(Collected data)
**********
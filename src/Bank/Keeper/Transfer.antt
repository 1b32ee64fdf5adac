-- ===== src/Bank/Keeper/Transfer.antt =====
-- What `send_coins` does to the balances.
use doge_sdk.Base.{
  ℕ, ◌+◌, ◌-◌, ◌^◌, ◌<◌, ◌≤◌, ◌≡◌, refl, sym, ap, ◌∙◌, Bool, true, false, Option, none, some, arith,
  ltb, if◌then◌else◌, Bool-cases, Option-cases, inl, inr, ◌⊎◌,
}
use doge_sdk.Base.Bytes.{Bytes}
use doge_sdk.Database.Record.{Database}
use doge_sdk.Trees.External.{External}
use doge_sdk.Trees.Outcome.{Outcome, ok, panic, ◌>>=◌, bind-eq-ok, ok-injective}
use doge_sdk.Store.KvStore.{KvStore}
use doge_sdk.Bank.Coin.{Coin}
use doge_sdk.Bank.Keeper.{
  CoinCodec, Sent, sent, insufficient_funds, balance_or_zero, create_denom_balance_prefix,
  read_balance, add_coin, send_coin,
}
use doge_sdk.Bank.Keeper.Cells.{stored, write_balance-eq-stored}

checked :
    {A : Type 0} (b : Bool) (m : Outcome A) {a : A}
    → (if b then m else panic) ≡ ok a
    → (b ≡ true) × (m ≡ ok a)
checked true m h = (refl, h)
checked false m h = cc

lt_of_ltb : (a b : ℕ) → ltb a b ≡ true → a < b
lt_of_ltb a b h = ground arith

le_of_not_ltb : (a b : ℕ) → ltb a b ≡ false → b ≤ a
le_of_not_ltb a b h = ground arith

module _ ⦃x : External⦄ {S : Type 0} ⦃d : Database S⦄ ⦃c : CoinCodec⦄ (fuel : ℕ) where
  -- An address holds an amount of a denomination: that of the coin stored, or zero.
  abbrev pub HasBalance : KvStore S → Bytes → Bytes → ℕ → Type 0
  HasBalance s addr denom n =
      (found : Option Coin) × (read_balance fuel s addr denom ≡ ok found)
      × ((balance_or_zero denom found).amount ≡ n)

  -- A coin was added: the balance before, and the write.
  pub record Added (s s' : KvStore S) (to : Bytes) (coin : Coin) : Type 0 where
    pub found : Option Coin
    pub read : read_balance fuel s to coin.denom ≡ ok found
    pub fits : (balance_or_zero coin.denom found).amount + coin.amount < 2 ^ 256
    pub written :
        s'
        ≡ stored s to coin.denom (record (balance_or_zero coin.denom found) {
          amount = (balance_or_zero coin.denom found).amount + coin.amount;
        })

  pub add_coin-fits :
      (s : KvStore S) (to : Bytes) (coin : Coin) (o : Option Coin)
      → read_balance fuel s to coin.denom ≡ ok o
      → ltb ((balance_or_zero coin.denom o).amount + coin.amount) (2 ^ 256) ≡ true
      → add_coin fuel s to coin
        ≡ ok (
            stored s to coin.denom (record (balance_or_zero coin.denom o) {
              amount = (balance_or_zero coin.denom o).amount + coin.amount;
            }))
  unfolding add_coin stored create_denom_balance_prefix
  add_coin-fits s to coin o e t = rw (e, add_coin, t) refl

  add_coin-Added :
      (s s' : KvStore S) (to : Bytes) (coin : Coin)
      → add_coin fuel s to coin ≡ ok s'
      → Added s s' to coin
  unfolding add_coin
  add_coin-Added s s' to coin h =
      let (o, e, k) = bind-eq-ok (read_balance fuel s to coin.denom) _ h in
      let (t, w) = checked _ _ k in
      record {
        found = o;
        read = e;
        fits = lt_of_ltb _ _ t;
        written = ok-injective (sym w ∙ write_balance-eq-stored s to coin.denom _);
      }

  -- A coin was moved: the balance before, and what was added after the first write.
  pub record Paid (s s' : KvStore S) (from to : Bytes) (coin : Coin) : Type 0 where
    pub balance : Coin
    pub read : read_balance fuel s from coin.denom ≡ ok (some balance)
    pub enough : coin.amount ≤ balance.amount
    pub added :
        Added
          (stored s from coin.denom (record balance { amount = balance.amount - coin.amount }))
          s'
          to
          coin

  -- The loop's body on each branch.
  pub send_coin-none :
      (s : KvStore S) (from to : Bytes) (coin : Coin)
      → read_balance fuel s from coin.denom ≡ ok none
      → send_coin fuel s from to coin ≡ ok (insufficient_funds, s)
  unfolding send_coin
  send_coin-none s from to coin e = ground (arith, e)

  pub send_coin-short :
      (s : KvStore S) (from to : Bytes) (coin b : Coin)
      → read_balance fuel s from coin.denom ≡ ok (some b)
      → ltb b.amount coin.amount ≡ true
      → send_coin fuel s from to coin ≡ ok (insufficient_funds, s)
  unfolding send_coin
  send_coin-short s from to coin b e t = ground (arith, e, t)

  pub send_coin-enough :
      (s : KvStore S) (from to : Bytes) (coin b : Coin)
      → read_balance fuel s from coin.denom ≡ ok (some b)
      → ltb b.amount coin.amount ≡ false
      → send_coin fuel s from to coin ≡ (
          add_coin fuel
            (stored s from coin.denom (record b { amount = b.amount - coin.amount }))
            to
            coin
          >>= λ s2. ok (sent, s2))
  unfolding send_coin stored create_denom_balance_prefix
  send_coin-enough s from to coin b e t = rw (e, send_coin, t) refl

  stopped :
      (s s' : KvStore S) (result : Sent)
      → ◌≡◌ {A = Outcome (Sent × KvStore S)} (ok (insufficient_funds, s)) (ok (result, s'))
      → (result ≡ insufficient_funds) × (s' ≡ s)
  stopped s s' result h = let e = ok-injective h in (sym (ap (λ p. p.0) e), sym (ap (λ p. p.1) e))

  send_some :
      (s s' : KvStore S) (from to : Bytes) (coin b : Coin) (result : Sent)
      → read_balance fuel s from coin.denom ≡ ok (some b)
      → send_coin fuel s from to coin ≡ ok (result, s')
      → ((result ≡ insufficient_funds) × (s' ≡ s)) ⊎ ((result ≡ sent) × Paid s s' from to coin)
  send_some s s' from to coin b result e h = elim (Bool-cases (ltb b.amount coin.amount)) [
    | inl t ↦ inl (stopped s s' result (sym (send_coin-short s from to coin b e t) ∙ h))
    | inr t ↦
        let (s2, e2, k) = bind-eq-ok _ _ (sym (send_coin-enough s from to coin b e t) ∙ h) in
        let p = ok-injective k in
        let same : s2 ≡ s' = ap (λ q. q.1) p in
        inr (
          sym (ap (λ q. q.0) p),
          record {
            balance = b;
            read = e;
            enough = le_of_not_ltb _ _ t;
            added = add_coin-Added _ s' to coin (rw (← same) e2);
          },
        )
  ]

  pub send_coin-cases :
      (s s' : KvStore S) (from to : Bytes) (coin : Coin) (result : Sent)
      → send_coin fuel s from to coin ≡ ok (result, s')
      → ((result ≡ insufficient_funds) × (s' ≡ s)) ⊎ ((result ≡ sent) × Paid s s' from to coin)
  unfolding send_coin
  send_coin-cases s s' from to coin result h =
      let (found, e, k) = bind-eq-ok (read_balance fuel s from coin.denom) _ h in
      elim (Option-cases found) [
        | inl n ↦ inl (stopped s s' result (sym (send_coin-none s from to coin (e ∙ ap ok n)) ∙ h))
        | inr (b, n) ↦ send_some s s' from to coin b result (e ∙ ap ok n) h
      ]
**********
### What to produce:
Retype the records above exactly, from their first line through the line that contains "le_of_not_ltb a b h = ground arith", and stop there.

### Solution to the exercise:
filename src/Bank/Keeper/Transfer.antt
repository 1b32ee64fdf5adac
-- ===== src/Bank/Keeper/Transfer.antt =====
-- What `send_coins` does to the balances.
use doge_sdk.Base.{
  ℕ, ◌+◌, ◌-◌, ◌^◌, ◌<◌, ◌≤◌, ◌≡◌, refl, sym, ap, ◌∙◌, Bool, true, false, Option, none, some, arith,
  ltb, if◌then◌else◌, Bool-cases, Option-cases, inl, inr, ◌⊎◌,
}
use doge_sdk.Base.Bytes.{Bytes}
use doge_sdk.Database.Record.{Database}
use doge_sdk.Trees.External.{External}
use doge_sdk.Trees.Outcome.{Outcome, ok, panic, ◌>>=◌, bind-eq-ok, ok-injective}
use doge_sdk.Store.KvStore.{KvStore}
use doge_sdk.Bank.Coin.{Coin}
use doge_sdk.Bank.Keeper.{
  CoinCodec, Sent, sent, insufficient_funds, balance_or_zero, create_denom_balance_prefix,
  read_balance, add_coin, send_coin,
}
use doge_sdk.Bank.Keeper.Cells.{stored, write_balance-eq-stored}

checked :
    {A : Type 0} (b : Bool) (m : Outcome A) {a : A}
    → (if b then m else panic) ≡ ok a
    → (b ≡ true) × (m ≡ ok a)
checked true m h = (refl, h)
checked false m h = cc

lt_of_ltb : (a b : ℕ) → ltb a b ≡ true → a < b
lt_of_ltb a b h = ground arith

le_of_not_ltb : (a b : ℕ) → ltb a b ≡ false → b ≤ a
le_of_not_ltb a b h = ground arith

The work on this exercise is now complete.